Dr Robyn Whittaker, Public Health
Physician, Researcher and Mobile Health
Health programmes can be integrated into daily life…they are proactive and there at the ‘right’ times, can be personalised, interactive and provide a level of social support for self-management of long-term conditions and chronic diseases. Robyn Whittaker has led the development of multimedia mobile phone programmes for smoking cessation and depression prevention and is Principal Investigator on studies (STUB IT and ADAPT). She is programme leader, Health Informatics and Technology in the National Institute for Health Innovation, University of Auckland and Clinical Leader research and innovation at Waitemata DHB and its Centre for Health Technology and Creative Design. Robyn graduated in medicine from The University of Auckland and worked in hospitals and Family Planning Association clinics before undertaking a Masters in Public Health. Her experience in long-term conditions has included establishing and implementing a Cardiovascular Health Project for Waitemata, involving tobacco control, improving nutrition and physical activity, electronic decision support, cardiac rehabilitation and organised stroke care.

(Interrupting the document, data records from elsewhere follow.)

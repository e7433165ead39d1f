-- ===== src/State/Result.antt =====
-- The outcome of a store operation: a value, or one of the sentinel errors.
use windforce_lite.Prelude.{
  ◌≡◌, refl, Bool, true, false, Option, none, some, ◌⊎◌, inl, inr, subst, if◌then◌else◌,
}
use windforce_lite.State.Types.{Err}

pub data Result {ℓ} (A : Type ℓ) : Type ℓ where
  ok : A → Result A
  err : Err → Result A

-- if !test { return e }
abbrev pub guard : (test : Bool) (e : Err) → Result (Unit {0})
guard test e = if test then ok tt else err e

-- v, ok := m[k]; if !ok { return e }
abbrev pub or_fail {ℓ} : {A : Type ℓ} → Option A → Err → Result A
or_fail none e = err e
or_fail (some a) e = ok a

infixl 5 ◌>>=◌ ◌>>◌
-- if err != nil { return err }
abbrev pub ◌>>=◌ {ℓ κ} :
    {Found : Type ℓ} {Next : Type κ} (step : Result Found) (rest : Found → Result Next)
    → Result Next
err e >>= rest = err e
ok found >>= rest = rest found

abbrev pub ◌>>◌ {ℓ} : {Next : Type ℓ} (check : Result (Unit {0})) (rest : Result Next) → Result Next
check >> rest = check >>= λ done. rest

pub Result-cases {ℓ} :
    {A : Type ℓ} (r : Result A) → ((a : A) × (r ≡ ok a)) ⊎ ((e : Err) × (r ≡ err e))
Result-cases (ok a) = inl (a, refl)
Result-cases (err e) = inr (e, refl)

-- Every success has the property.
abbrev pub Ensures {ℓ κ} : {A : Type ℓ} → (A → Type κ) → Result A → Type κ
Ensures P (ok a) = P a
Ensures P (err e) = Unit

pub Ensures-bind {ℓ κ μ} :
    {A : Type ℓ} {B : Type κ} (P : B → Type μ) (m : Result A) (f : A → Result B)
    → ((a : A) → m ≡ ok a → Ensures P (f a))
    → Ensures P (m >>= f)
Ensures-bind P (ok a) f h = h a refl
Ensures-bind P (err e) f h = tt

pub Ensures-guard {ℓ κ} :
    {B : Type ℓ} (P : B → Type κ) (b : Bool) (e : Err) (m : Result B)
    → (b ≡ true → Ensures P m)
    → Ensures P (guard b e >> m)
Ensures-guard P true e m h = h refl
Ensures-guard P false e m h = tt

pub Ensures-or_fail {ℓ κ μ} :
    {A : Type ℓ} {B : Type κ} (P : B → Type μ) (o : Option A) (e : Err) (f : A → Result B)
    → ((a : A) → o ≡ some a → Ensures P (f a))
    → Ensures P (or_fail o e >>= f)
Ensures-or_fail P none e f h = tt
Ensures-or_fail P (some a) e f h = h a refl

ok_inj {ℓ} : {A : Type ℓ} (a b : A) → ok a ≡ ok b → a ≡ b
ok_inj a b p = cc

pub Ensures-ok {ℓ κ} :
    {A : Type ℓ} (P : A → Type κ) (r : Result A) {a : A} → Ensures P r → r ≡ ok a → P a
Ensures-ok P (ok b) h p = subst P (ok_inj _ _ p) h
Ensures-ok P (err e) h p = cc

pub Ensures-imp {ℓ κ μ} :
    {A : Type ℓ} (P : A → Type κ) (Q : A → Type μ) (r : Result A)
    → ((a : A) → P a → Q a)
    → Ensures P r
    → Ensures Q r
Ensures-imp P Q (ok a) h p = h a p
Ensures-imp P Q (err e) h p = tt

Robyn's wide experience in developments arising from mobile phone text messaging programmes has included implementation as a national smoking cessation programme in New Zealand ‘Txt2quit’; licensing for international use to HSA Global; and collaboration with the London School of Hygiene and Tropical Medicine. Robyn spent a year in Washington DC, USA as a Harkness Fellow in HealthCare Policy and Practice and has been consulting to the WHO tobacco free initiative, IBM, the U.S. Department of Health and Human Services Text4Health Taskforce. She is a Fellow of the New Zealand College of Public Health Medicine
Ross Dawson, leading futurist,
entrepreneur, keynote speaker, strategy advisor, and
Ross Dawson is globally recognized as a leading futurist. He is Founding Chairman of four companies, including the leading future research and strategy firm Future Exploration Network. He contributes to events around the world. He is a best-selling author of books including the prescient Living Networks, which foresaw the social networking revolution, as well as Trends in the Living Networks, ranked as one of the top business blogs in the world. Ross’s media appearances include CNN, Bloomberg TV, SkyNews, ABC TV, Today and Sunrise shows, Washington Post and many others. Ross sees healthcare as one of the most uncertain futures of any industry today as health technologies are developing beyond our pace of understanding, systems are so complex and there potential for new kinds of health risks (and wellness benefits) to emerge and unpredictable social responses to these changes.